Notebook

19-23¶

In [1]:

from tock import *

Monday reading¶

Read Section 3.1 and 3.3.

Tuesday class¶

Turing machines, finally¶

By now, the definition of Turing machines (TMs) should be easy to understand. But pay special attention to the distinction between Turing-recognizable (a.k.a. "recursively enumerable" or "computably enumerable") and (Turing-)decidable (a.k.a. "recursive" or "computable"). When a TM runs on an input string, there are three possible outcomes: halt and accept, halt and reject, and loop (which is treated as a reject).

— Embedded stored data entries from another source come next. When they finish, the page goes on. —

-- ===== src/Leads/Email.antt =====
-- isValidEmail against a description of what it accepts.
use edn_core.Prelude.{
  ℕ, ◌≤◌, ◌≡◌, ◌≢◌, refl, ap, inl, inr, Bool-cases, true, false, not, both, Option, none, some, [],
  ◌∷◌, ◌++◌, any, leb→le, ◌==◌, arith,
}
use edn_core.Text.{Text, is_empty}
use edn_core.Leads.{byte_length, split_here, split_at_last, has_parts, is_valid_email}

-- A user and a domain around the last '@': the user is not empty, and the domain has a dot, three bytes
-- and no '@'.
pub record IsEmail (email : Text) : Type 0 where
  pub user : Text
  pub domain : Text
  pub parts : email ≡ user ++ 64 ∷ domain
  pub has_user : user ≢ []
  pub dotted : any (λ c. c == 46) domain ≡ true
  pub long_enough : 3 ≤ byte_length domain
  pub last_at : any (λ c. c == 64) domain ≡ false

pub number_of_test : (c : ℕ) → (c == 64) ≡ true → c ≡ 64
number_of_test c h = ground arith

pub not_empty : (s : Text) → not (is_empty s) ≡ true → s ≢ []
not_empty [] h = λ e. cc
not_empty (c ∷ s) h = λ e. cc

split_at_last-none : (s : Text) → split_at_last s ≡ none → any (λ c. c == 64) s ≡ false
unfolding split_at_last
split_at_last-none [] h = refl
split_at_last-none (c ∷ s) h = go (split_at_last s) refl (split_at_last-none s) h
  where
    go :
        (o : Option (Text × Text))
        → split_at_last s ≡ o
        → (split_at_last s ≡ none → any (λ c. c == 64) s ≡ false)
        → split_here c s o ≡ none
        → any (λ c. c == 64) (c ∷ s) ≡ false
    go none e rest h = ground (arith, rest e)
    go (some (u, d)) e rest h = cc

-- The parts, put together again, and no '@' in the second.
abbrev pub Splits : Text → Option (Text × Text) → Type 0
Splits s none = Unit
Splits s (some (user, domain)) = (s ≡ user ++ 64 ∷ domain) × (any (λ c. c == 64) domain ≡ false)

split_at_last-Splits : (s : Text) → Splits s (split_at_last s)
unfolding split_at_last
split_at_last-Splits [] = tt
split_at_last-Splits (c ∷ s) = go (split_at_last s) refl (split_at_last-Splits s)
  where
    go :
        (o : Option (Text × Text))
        → split_at_last s ≡ o
        → Splits s o
        → Splits (c ∷ s) (split_here c s o)
    go (some (u, d)) e (p, q) = (ap (λ t. c ∷ t) p, q)
    go none e h = elim (Bool-cases (c == 64)) [
      | inl at ↦ rw at (ap (λ x. x ∷ s) (number_of_test c at), split_at_last-none s e)
      | inr other ↦ rw other tt
    ]

pub is_valid_email-IsEmail : (email : Text) → is_valid_email email ≡ true → IsEmail email
unfolding is_valid_email
is_valid_email-IsEmail email h = go (split_at_last email) (split_at_last-Splits email) h
  where
    go : (o : Option (Text × Text)) → Splits email o → has_parts o ≡ true → IsEmail email
    go none s h = cc
    go (some (user, domain)) (p, q) h =
        let (u, d) = both _ _ h in
        let (dot, three) = both _ _ d in
        record {
          user = user;
          domain = domain;
          parts = p;
          has_user = not_empty user u;
          dotted = dot;
          long_enough = leb→le _ _ three;
          last_at = q;
        }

We distinguish between two kinds of TMs: TMs and decider TMs. A TM can accept, reject, or loop on a string, whereas a decider TM must either accept or reject, but never loop. Then, a language $L$ is Turing-recognizable iff there is a TM that accepts all and only the strings in $L$. And $L$ is (Turing-)decidable iff there is a decider TM that accepts all and only the strings in $L$.

This is a distinction we haven't worried about in the past. Why? Deterministic FAs and PDAs always halt, so there's no distinction between accepting and deciding. Nondeterministic FAs and PDAs can have $\varepsilon$ loops, but it's easy to change such machines into an equivalent ones that do not loop. So the distinction is unimportant. With Turing machines (which are deterministic unless stated otherwise), the distinction is extremely important.

There are many variations out there in the definition of TM. Be careful if you refer to other sources. We're going to allow one small extension to Sipser's definition. In Sipser's definition, $\delta(q, a) = (r, b, d)$, where $d \in \{\text{L}, \text{R}\}$. Following Turing's original definition, we'll also allow $d = \text{N}$, which means "no move".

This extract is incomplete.